▶ **Problem**: State the count of lines in this material that hold the string "List" and add nothing.

————————

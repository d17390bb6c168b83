-- ===== src/Redis/Chars.antt =====
-- Characters: the tests of <ctype.h> (C locale) that pink/src/redis_parser.cc calls, the
-- hexadecimal digits of its `HexDigitToInt32`, and the escapes of `split2args`.
use pink.Base.{ℕ, ◌+◌, ◌-◌, Bool, ◌&&◌, ◌||◌, List, leb, ◌==◌, if◌then◌else◌}

-- The bytes of a buffer.
abbrev pub Bytes : Type 0
Bytes = List ℕ

-- RedisCmdArgsType; its `cmd_idx` is never read in the code modelled here.
abbrev pub Argv : Type 0
Argv = List Bytes

abbrev within : ℕ → ℕ → ℕ → Bool
within lo hi c = leb lo c && leb c hi

abbrev pub isspace : ℕ → Bool
isspace c = c == b' ' || within 9 13 c

abbrev pub isxdigit : ℕ → Bool
isxdigit c = within b'0' b'9' c || within b'A' b'F' c || within b'a' b'f' c

unfoldable pub tolower : ℕ → ℕ
tolower c = if within b'A' b'Z' c then c + 32 else c

unfoldable pub hex_digit_to_int32 : ℕ → ℕ
hex_digit_to_int32 ch =
    if leb ch b'9' && leb b'0' ch
    then ch - b'0'
    else if leb ch b'F' && leb b'A' ch
    then ch - b'A'
    else if leb ch b'f' && leb b'a' ch
    then ch - b'a'
    else 0

-- The `switch` on the byte behind a backslash.
unfoldable pub escaped : ℕ → ℕ
escaped c =
    if c == b'n'
    then 10
    else if c == b'r'
    then 13
    else if c == b't'
    then 9
    else if c == b'b'
    then 8
    else if c == b'a'
    then 7
    else c
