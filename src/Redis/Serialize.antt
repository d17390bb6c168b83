-- ===== src/Redis/Serialize.antt =====
-- The commands that pink/src/redis_cli.cc writes: `intlen`, `bulklen` and `redisFormatCommandArgv`.
pub mod Decimal
use pink.Base.{
  ℕ, zero, suc, ◌+◌, ◌-◌, ◌^◌, ◌/◌, ◌%◌, List, [], ◌∷◌, ◌++◌, ltb, ◌==◌, if◌then◌else◌, length,
}
use pink.Redis.Chars.{Bytes, Argv}

-- `std::to_string`: the digits of a number, with the number as fuel.
unfoldable pub digits : ℕ → ℕ → Bytes
digits zero n = (b'0' + n) ∷ []
digits (suc fuel) n =
    let front = digits fuel (n / 10) in
    if ltb n 10 then (b'0' + n) ∷ [] else front ++ (b'0' + n % 10) ∷ []

abbrev pub to_string : ℕ → Bytes
to_string n = digits n n

-- The `do` loop of `intlen`, on a number that is not negative, with the number as fuel; `i /= 10` of a
-- negative number goes towards 0, so that the loop has as many turns on -2^31 as on 2^31.
unfoldable pub intlen_loop : ℕ → ℕ → ℕ → ℕ
intlen_loop zero i len = len + 1
intlen_loop (suc fuel) i len =
    let again = intlen_loop fuel (i / 10) (len + 1) in if i / 10 == 0 then len + 1 else again

-- `intlen` of an int, whose unsigned value of 32 bits is i.
unfoldable pub intlen : ℕ → ℕ
intlen i =
    let size = 2 ^ 32 - i in
    let negative = intlen_loop size size 1 in if ltb i (2 ^ 31) then intlen_loop i i 0 else negative

-- A size_t, given to `intlen` as an int.
abbrev pub bulklen : ℕ → ℕ
bulklen len = (1 + intlen (len % 2 ^ 32) + 2 + len + 2) % 2 ^ 64

abbrev pub crlf : Bytes
crlf = 13 ∷ 10 ∷ []

abbrev pub bulk : Bytes → Bytes
bulk arg = b'$' ∷ (to_string (length arg) ++ (crlf ++ (arg ++ crlf)))

unfoldable pub bulks : Argv → Bytes
bulks [] = []
bulks (arg ∷ args) = bulk arg ++ bulks args

-- The loop that adds to `totlen`, the unsigned value of an int.
unfoldable pub totlen_loop : ℕ → Argv → ℕ
totlen_loop total [] = total
totlen_loop total (arg ∷ args) = totlen_loop ((total + bulklen (length arg)) % 2 ^ 32) args

-- The `totlen` that is reserved, the unsigned value of an int.
unfoldable pub totlen : Argv → ℕ
totlen argv = totlen_loop (1 + intlen (length argv % 2 ^ 32) + 2) argv

-- What `cmd` holds in the end.
unfoldable pub redis_format_command_argv : Argv → Bytes
unfolding bulks
redis_format_command_argv argv = b'*' ∷ (to_string (length argv) ++ (crlf ++ bulks argv))
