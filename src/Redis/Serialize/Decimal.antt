-- ===== src/Redis/Serialize/Decimal.antt =====
-- Decimal texts in pink/src/redis_cli.cc, and what `intlen` counts.
use pink.Base.{
  ℕ, zero, suc, ◌+◌, ◌/◌, ◌%◌, ◌^◌, ◌≤◌, ◌<◌, ◌≡◌, ◌∙◌, true, ◌≢◌, [], ◌∷◌, ◌++◌, ltb, length,
  length-append, arith, Bool-cases, inl, inr,
}
use pink.Redis.Chars.{Bytes, Argv}
use pink.Redis.Serialize.{
  digits, to_string, intlen_loop, intlen, bulklen, crlf, bulk, bulks, totlen_loop, totlen,
  redis_format_command_argv,
}

-- No byte is '\n'.
abbrev pub NoLf : Bytes → Type 0
NoLf [] = Unit {0}
NoLf (c ∷ cs) = (c ≢ 10) × NoLf cs

pub NoLf-append : (xs ys : Bytes) → NoLf xs → NoLf ys → NoLf (xs ++ ys)
NoLf-append [] ys hx hy = hy
NoLf-append (x ∷ xs) ys hx hy = (hx.0, NoLf-append xs ys hx.1 hy)

pub digits-NoLf : (fuel n : ℕ) → NoLf (digits fuel n)
unfolding digits
digits-NoLf zero n = omega arith
digits-NoLf (suc fuel) n = elim (Bool-cases (ltb n 10)) [
  | inl small ↦ rw small (omega arith)
  | inr large ↦
      rw large (NoLf-append (digits fuel (n / 10)) _ (digits-NoLf fuel (n / 10)) (omega arith))
]

pub length-digits-le : (fuel n : ℕ) → length (digits fuel n) ≤ suc fuel
unfolding digits
length-digits-le zero n = omega arith
length-digits-le (suc fuel) n = ground (
  arith,
  length-append (digits fuel (n / 10)) ((b'0' + n % 10) ∷ []),
  length-digits-le fuel (n / 10),
)

intlen_loop-add : (fuel i len : ℕ) → intlen_loop fuel i (len + 1) ≡ intlen_loop fuel i len + 1
unfolding intlen_loop
intlen_loop-add zero i len = omega arith
intlen_loop-add (suc fuel) i len = ground (arith, intlen_loop-add fuel (i / 10) (len + 1))

length-digits : (fuel n len : ℕ) → n ≤ fuel → length (digits fuel n) + len ≡ intlen_loop fuel n len
unfolding digits intlen_loop
length-digits zero n len h = omega arith
length-digits (suc fuel) n len h = ground (
  arith,
  length-append (digits fuel (n / 10)) ((b'0' + n % 10) ∷ []),
  length-digits fuel (n / 10) (len + 1),
)

pub length-to_string : (n : ℕ) → n < 2 ^ 31 → length (to_string n) ≡ intlen (n % 2 ^ 32)
unfolding intlen
length-to_string n small =
    let same : n % 2 ^ 32 ≡ n = omega arith in
    let not_negative : ltb n (2 ^ 31) ≡ true = ground arith in
    rw (same, not_negative) (omega (arith, length-digits n n 0))

length-bulk : (arg : Bytes) → length (bulk arg) < 2 ^ 31 → length (bulk arg) ≡ bulklen (length arg)
length-bulk arg small =
    let size : length (bulk arg) ≡ 1 + length (to_string (length arg)) + 2 + length arg + 2 =
      omega (
        arith,
        length-append (to_string (length arg)) (crlf ++ (arg ++ crlf)),
        length-append arg crlf,
      ) in
    let digits_of = length-to_string (length arg) (omega arith) in omega arith

totlen_loop-bulks :
    (total : ℕ) (args : Argv)
    → total + length (bulks args) < 2 ^ 31
    → totlen_loop total args ≡ total + length (bulks args)
unfolding totlen_loop bulks
totlen_loop-bulks total [] small = omega arith
totlen_loop-bulks total (arg ∷ args) small =
    let both = length-append (bulk arg) (bulks args) in
    let one = length-bulk arg (omega arith) in
    let added : (total + bulklen (length arg)) % 2 ^ 32 ≡ total + length (bulk arg) = omega arith in
    rw added (omega (arith, both, totlen_loop-bulks (total + length (bulk arg)) args (omega arith)))

-- A command that is shorter than 2^31 bytes is as long as the int `totlen` that is reserved for it, so that
-- no number on the way wraps around.
pub length-redis_format_command_argv :
    (argv : Argv)
    → length (redis_format_command_argv argv) < 2 ^ 31
    → length argv < 2 ^ 31
    → totlen argv ≡ length (redis_format_command_argv argv)
unfolding redis_format_command_argv totlen
length-redis_format_command_argv argv small few =
    let size : length (redis_format_command_argv argv)
        ≡ 1 + length (to_string (length argv)) + 2 + length (bulks argv) =
      omega (arith, length-append (to_string (length argv)) (crlf ++ bulks argv)) in
    let digits_of = length-to_string (length argv) few in
    totlen_loop-bulks (1 + intlen (length argv % 2 ^ 32) + 2) argv (omega arith) ∙ omega arith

————————

▶ **Answer space**: 4